7Santaris Pharma A/S, Bøge Allé 3-5, 2970 Hørsholm, Denmark

author email corresponding author email

BMC Medical Genomics 2009, 2:35doi:10.1186/1755-8794-2-35

Published: 9 June 2009

Abstract

Background

MiRNAs play important roles in cellular control and in various disease states such as cancers, where they may serve as markers or possibly even therapeutics. Identifying the whole repertoire of miRNAs and understanding their expression patterns is therefore an important goal.

Methods

Here we describe the analysis of 454 pyrosequencing of small RNA from four different tissues: Breast cancer, normal adjacent breast, and two teratoma cell lines. We developed a pipeline for identifying new miRNAs, emphasizing extracting and retaining as much data as possible from even noisy sequencing data.
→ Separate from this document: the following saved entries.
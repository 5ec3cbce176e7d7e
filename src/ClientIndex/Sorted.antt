-- ===== src/ClientIndex/Sorted.antt =====
-- The search for a text in the sorted rows of web/src/lib/client-index.ts finds exactly the rows that
-- hold it.
use tableverse.Prelude.{
  ℕ, zero, suc, ◌+◌, ◌-◌, ◌/◌, ◌≤◌, ◌<◌, ◌≡◌, refl, List, [], ◌∷◌, some, Bool, true, false, ltb,
  Text, length, get_elem?, arith, inl, inr, Bool-cases,
}
use tableverse.Prelude.Radix.{All}
use tableverse.ClientIndex.{text_less, text_equal, sorted_text, is_before, lower_bound}

pub text_less_trans :
    (a b v : Text) → text_less b a ≡ false → text_less b v ≡ true → text_less a v ≡ true
unfolding text_less
text_less_trans [] [] [] h k = cc
text_less_trans [] [] (c ∷ v) h k = refl
text_less_trans [] (b ∷ t) [] h k = cc
text_less_trans [] (b ∷ t) (c ∷ v) h k = refl
text_less_trans (a ∷ s) [] v h k = cc
text_less_trans (a ∷ s) (b ∷ t) [] h k = cc
text_less_trans (a ∷ s) (b ∷ t) (c ∷ v) h k = ground (arith, text_less_trans s t v)

pub text_less_or_equal :
    (a b : Text) → text_less a b ≡ false → text_equal a b ≡ false → text_less b a ≡ true
unfolding text_less text_equal
text_less_or_equal [] [] h k = cc
text_less_or_equal [] (b ∷ t) h k = cc
text_less_or_equal (a ∷ s) [] h k = refl
text_less_or_equal (a ∷ s) (b ∷ t) h k = ground (arith, text_less_or_equal s t)

pub text_equal→eq : (a b : Text) → text_equal a b ≡ true → a ≡ b
unfolding text_equal
text_equal→eq [] [] h = refl
text_equal→eq [] (b ∷ t) h = cc
text_equal→eq (a ∷ s) [] h = cc
text_equal→eq (a ∷ s) (b ∷ t) h = ground (arith, text_equal→eq s t)

pub text_less_irrefl : (a : Text) → text_less a a ≡ false
unfolding text_less
text_less_irrefl [] = refl
text_less_irrefl (a ∷ s) = ground (arith, text_less_irrefl s)

-- The text of a row, for rows in bounds.
unfoldable pub text_at : List Text → ℕ → Text
text_at [] row = []
text_at (x ∷ xs) zero = x
text_at (x ∷ xs) (suc row) = text_at xs row

pub get-text_at :
    (xs : List Text) (row : ℕ) → row < length xs → get_elem? xs row ≡ some (text_at xs row)
unfolding text_at
get-text_at [] row h = absurd (omega arith)
get-text_at (x ∷ xs) zero h = refl
get-text_at (x ∷ xs) (suc row) h = get-text_at xs row (omega arith)

-- No later row has a text before that of an earlier one.
abbrev pub Ascending : List Text → List ℕ → Type 0
Ascending xs [] = Unit
Ascending xs (row ∷ rows) =
    All (λ later. text_less (text_at xs later) (text_at xs row) ≡ false) rows × Ascending xs rows

abbrev pub InBounds : List Text → List ℕ → Type 0
InBounds xs rows = All (λ row. row < length xs) rows

-- Whether the text at a place is before the value.
abbrev pub before_at : List Text → List ℕ → Text → ℕ → Bool
before_at xs sorted value place = is_before (sorted_text xs sorted place) value

-- What the search finds: the places below it are before the value, and no other.
pub record IsBound (xs : List Text) (sorted : List ℕ) (value : Text) (r : ℕ) : Type 0 where
  pub below : (p : ℕ) → p < r → p < length sorted → before_at xs sorted value p ≡ true
  pub above : (p : ℕ) → r ≤ p → p < length sorted → before_at xs sorted value p ≡ false

pub lower_bound-IsBound :
    (fuel : ℕ) (xs : List Text) (sorted : List ℕ) (value : Text) (lo end : ℕ)
    → ((p q : ℕ)
        → p ≤ q
        → q < length sorted
        → before_at xs sorted value q ≡ true
        → before_at xs sorted value p ≡ true)
    → end ≤ lo + fuel
    → end ≤ length sorted
    → ((p : ℕ) → p < lo → p < length sorted → before_at xs sorted value p ≡ true)
    → ((p : ℕ) → end ≤ p → p < length sorted → before_at xs sorted value p ≡ false)
    → IsBound xs sorted value (lower_bound fuel xs sorted value lo end)
unfolding lower_bound
lower_bound-IsBound zero xs sorted value lo end mono enough inside below above = record {
  below = below;
  above = λ p h k. above p (omega arith) k;
}
lower_bound-IsBound (suc fuel) xs sorted value lo end mono enough inside below above =
    let middle = (lo + (end - 1)) / 2 in
    elim (Bool-cases (ltb lo end)) [
      | inr met ↦
          rw (lower_bound, met)
            (record { below = below; above = λ p h k. above p (ground arith) k })
      | inl more ↦ elim (Bool-cases (before_at xs sorted value middle)) [
        | inl low ↦
            rw (lower_bound, more, low)
              (lower_bound-IsBound fuel xs sorted value (middle + 1) end mono (ground arith) inside
                (λ p h k. mono p middle (omega arith) (ground arith) low) above)
        | inr high ↦
            rw (lower_bound, more, high)
              (lower_bound-IsBound fuel xs sorted value lo middle mono (ground arith) (ground arith)
                below
                (λ p h k. elim (Bool-cases (before_at xs sorted value p)) [
                  | inl low ↦ let also = mono middle p h k low in cc
                  | inr e ↦ e
                ]))
      ]
    ]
We investigated differential expression of miRNAs in the breast cancer and normal adjacent breast samples, and systematically examined the mature sequence end variability of miRNA compared to non-miRNA loci.

Results

We identified five novel miRNAs, as well as two putative alternative precursors for known miRNAs. Several miRNAs were differentially expressed between the breast cancer and normal breast samples. The end variability was shown to be significantly different between miRNA and non-miRNA loci.

Conclusion

Pyrosequencing of small RNAs, together with a computational pipeline, can be used to identify miRNAs in tumor and other tissues. Measures of miRNA end variability may in the future be incorporated into the discovery pipeline as a discriminatory feature. Breast cancer samples show a distinct miRNA expression profile compared to normal adjacent breast.